Last December, you came to Geneva for the UPR pre-session: what are your memories of that week?

We were not even sure we would have come: we thought that taking part in the pre-sessions would only be about speaking at a 15-minutes presentation. But then we talked to the ILGA team, and we realised it would have been much more than that: we also would have had the chance to engage with many missions at the UN and having deeper engagements.

I ended up speaking to 23 missions in Geneva, and we had seven recommendations from our report to make. The team at ILGA really helped us: the organisation’s Gender Identity and Gender Expression Programme officer, introduced us to the process and explained how it could be useful; the person who ran the UPR work walked us through every step of the way, and ILGA’s UN Programme and Advocacy manager advised us to look carefully at what recommendations the various countries had delivered during previous UPR cycles, to understand who could have been interested in learning about specific issues in Singapore.

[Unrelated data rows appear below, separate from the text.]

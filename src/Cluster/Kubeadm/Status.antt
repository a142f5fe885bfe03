-- ===== src/Cluster/Kubeadm/Status.antt =====
-- What is written back to the ConfigMap: the same status in well-formed keys, less the removed
-- endpoint.
use ekco.Prelude.{
  ℕ, String, ◌≡◌, refl, false, Option, none, some, List, [], ◌∷◌, map, arith, ◌==◌, eq_iff,
  if◌then◌else◌, lookup, erase, insert,
}
use ekco.Errors.{ok}
use ekco.Kube.{ConfigMap, Endpoints, ApiEndpoint, ClusterStatus, Call, Trace, Env}
use ekco.Cluster.Kubeadm.{
  cluster_status_config_map_key, advertise_address_of, bind_port_of, kind_of, api_version_of,
  api_endpoints_of, is_malformed, entries, delete_endpoint, plain_endpoint, status_to_write,
  addresses, remove_kubeadm_endpoint,
}

-- The address and the port under a name, if the status has it.
abbrev pub found_at : Option ApiEndpoint → Option (String × ℕ)
found_at none = none
found_at (some e) = some (advertise_address_of e, bind_port_of e)

abbrev pub endpoint_at : String → ClusterStatus → Option (String × ℕ)
endpoint_at name k = found_at (lookup name (entries (api_endpoints_of k)))

found_at-plain :
    (name : String) (es : Endpoints)
    → found_at (lookup name (map plain_endpoint es)) ≡ found_at (lookup name es)
found_at-plain name [] = refl
found_at-plain name ((j, e) ∷ es) = ground (arith, found_at-plain name es)

-- The status that is written back has the kind, the version and the endpoints of the one that was read,
-- whichever keys these were read from; it is never malformed.
pub status_to_write_keeps :
    (k : ClusterStatus)
    → (is_malformed (status_to_write k) ≡ false)
      × (kind_of (status_to_write k) ≡ kind_of k)
      × (api_version_of (status_to_write k) ≡ api_version_of k)
      × ((name : String) → endpoint_at name (status_to_write k) ≡ endpoint_at name k)
unfolding status_to_write
status_to_write_keeps k =
    (refl, refl, refl, λ name. found_at-plain name (entries (api_endpoints_of k)))

-- What a status says, whichever way it is spelled: kind, version, and by name the address and the port.
abbrev pub Content : Type 0
Content = String × String × List (String × String × ℕ)

abbrev plain_point : String × String × ℕ → String × ApiEndpoint
plain_point (name, address, port) = (
  name,
  record {
    advertise_address = address;
    advertise_address_lc = "";
    bind_port = port;
    bind_port_lc = 0;
  },
)

abbrev lower_point : String × String × ℕ → String × ApiEndpoint
lower_point (name, address, port) = (
  name,
  record {
    advertise_address = "";
    advertise_address_lc = address;
    bind_port = 0;
    bind_port_lc = port;
  },
)

-- The spelling that kubeadm reads.
abbrev pub plain_spelling : Content → ClusterStatus
plain_spelling (kind, version, points) = record {
  meta_kind = "";
  meta_api_version = "";
  kind = kind;
  api_version = version;
  api_endpoints = some (map plain_point points);
  api_endpoints_lc = none;
}

-- The spelling with lower-case keys that an earlier release wrote.
abbrev pub lower_spelling : Content → ClusterStatus
lower_spelling (kind, version, points) = record {
  meta_kind = kind;
  meta_api_version = version;
  kind = "";
  api_version = "";
  api_endpoints = none;
  api_endpoints_lc = some (map lower_point points);
}

plain_points :
    (points : List (String × String × ℕ))
    → map plain_endpoint (map plain_point points) ≡ map plain_point points
plain_points [] = refl
plain_points ((name, address, port) ∷ points) = ground (arith, plain_points points)

lower_points :
    (points : List (String × String × ℕ))
    → map plain_endpoint (map lower_point points) ≡ map plain_point points
lower_points [] = refl
lower_points ((name, address, port) ∷ points) =
    ground (arith, eq_iff address "", lower_points points)

-- A status with the plain keys is written back as it is, and one with the lower-case keys is written with
-- the plain ones and the same kind, version, names, addresses and ports; so what is written once is
-- written again unchanged.
pub status_to_write-spellings :
    (content : Content)
    → (status_to_write (plain_spelling content) ≡ plain_spelling content)
      × (status_to_write (lower_spelling content) ≡ plain_spelling content)
unfolding status_to_write
status_to_write-spellings (kind, version, points) = (
  ground (arith, plain_points points),
  ground (arith, eq_iff kind "", eq_iff version "", lower_points points),
)

lookup-erase :
    (name gone : String) (es : Endpoints)
    → lookup name (erase gone es) ≡ (if gone == name then none else lookup name es)
lookup-erase name gone [] = ground arith
lookup-erase name gone ((j, e) ∷ es) =
    ground (arith, eq_iff j gone, eq_iff j name, eq_iff gone name, lookup-erase name gone es)

entries-delete_endpoint :
    (gone : String) (k : ClusterStatus)
    → entries (api_endpoints_of (delete_endpoint gone k))
      ≡ erase gone (entries (api_endpoints_of k))
entries-delete_endpoint gone k = ground arith

-- The written status has every endpoint but the removed one.
pub endpoint_at-removed :
    (name gone : String) (k : ClusterStatus)
    → endpoint_at name (status_to_write (delete_endpoint gone k))
      ≡ (if gone == name then none else endpoint_at name k)
endpoint_at-removed name gone k = ground (
  arith,
  (status_to_write_keeps (delete_endpoint gone k)).3 name,
  entries-delete_endpoint gone k,
  lookup-erase name gone (entries (api_endpoints_of k)),
)

abbrev pub read_config : Call
read_config = Call.get_config_map "kube-system" "kubeadm-config"

abbrev pub write_config : String → ConfigMap → Call
write_config text cm =
    Call.update_config_map "kube-system"
      (record cm { contents = insert cluster_status_config_map_key text cm.contents })

-- If the ConfigMap's status lists the node and the new text is accepted, the ConfigMap is updated once,
-- with a status that has exactly the other endpoints, and the call returns the removed address and the
-- addresses of the others.
pub remove_kubeadm_endpoint_lem :
    (gone : String) (env : Env) (t : Trace) (cm : ConfigMap) (yaml text : String)
    (k : ClusterStatus) (e : ApiEndpoint)
    → env.answer read_config t ≡ ok cm
    → lookup cluster_status_config_map_key cm.contents ≡ some yaml
    → env.unmarshal_status yaml ≡ some k
    → lookup gone (entries (api_endpoints_of k)) ≡ some e
    → env.marshal_status (status_to_write (delete_endpoint gone k)) ≡ some text
    → env.answer (write_config text cm) (read_config ∷ t) ≡ ok tt
    → (remove_kubeadm_endpoint gone env t ≡ (
      ok (advertise_address_of e, addresses (erase gone (entries (api_endpoints_of k)))),
      write_config text cm ∷ read_config ∷ t,
    ))
      × ((name : String)
          → endpoint_at name (status_to_write (delete_endpoint gone k))
            ≡ (if gone == name then none else endpoint_at name k))
unfolding remove_kubeadm_endpoint
remove_kubeadm_endpoint_lem gone env t cm yaml text k e read has parsed listed printed updated =
    (ground (arith, entries-delete_endpoint gone k), λ name. endpoint_at-removed name gone k)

As much as I had thought we were prepared, it was a very intense five days: even if each meeting lasted 10-15 minutes at most, you needed to make sure every time that what you had to say would have made sense to the persons you were talking to. It was mentally exhausting, and every night I would easily go back to the hotel and crash on my bed soon after the end of the talks. (laughs)

It has been a great week, and we must thank ILGA for all the ways they advised us: its guidance has proven really useful not only when we were preparing out first report, but also for all the work on the ground in Geneva – the whole process of speaking to mission representatives, and of trying to track down all those who had not responded to our meeting requests.

For me and the other activists involved, it really was another level of advocacy experience.

You had to make quick assessments: “Should I talk to this person? Is it a good time? Will the person listen? What would be interesting for that mission?”

It’s a bit of an ambush situation and it’s quite fun, too. And what made it even better is that I could get together with activists from Denmark, Mozambique and Paraguay and work with them: one could go talk to a mission representative and tell the others if they would have met a person who would have been ready for another conversation on LGBTI issues.

The whole experience has been great: even if I didn’t have the chance to present my report during the pre-session, those face-to-face meetings were really wonderful.

Of course, we took time to have the Swiss fondue and went to see CERN, which I was completely clueless about.

Section 377A of Singapore’s penal code is still in force, and it condemns same-sex sexual acts. What struggles does the LGBTI community have to face in your country?

Despite petition and court challenges, 377A is being kept in the books. Even if the Singapore government said it is not actually enforced, having a piece of archaic law still reinforces the idea that the gay community – and, consequently, the whole LGBTI community – is not accepted in Singapore. A lot of ministries and government bodies continue to use that law as a guidance on how to put together policies or guidelines.

For example: if you attempt at registering an LGBTI organisation, the Registry of Societies will respond rejecting the application, quoting “contrary to national interests” without giving any further explanation. This is why none of the organisations in Singapore are formally registered as representatives of the LGBTI community.

The presence of this law creates a very strange situation: positive portrayals of LGBTI experiences are not allowed in TV or radio shows, but you see newspapers carrying LGBTI news from abroad, such as those ones about marriage equality in the United States.

You can’t really understand whether the government allows a discussion on these issues or not, but things have undoubtedly changed in the last ten years.

In 2005, when I started my advocacy work, there was very little discussion on LGBTI issues, while today more and more people talk about them, and this has an impact on our society.  The debate hosts mixed opinion, but it is not as one-sided as it used to be: people are ready to read about these themes, and Internet and social media have empowered these conversations.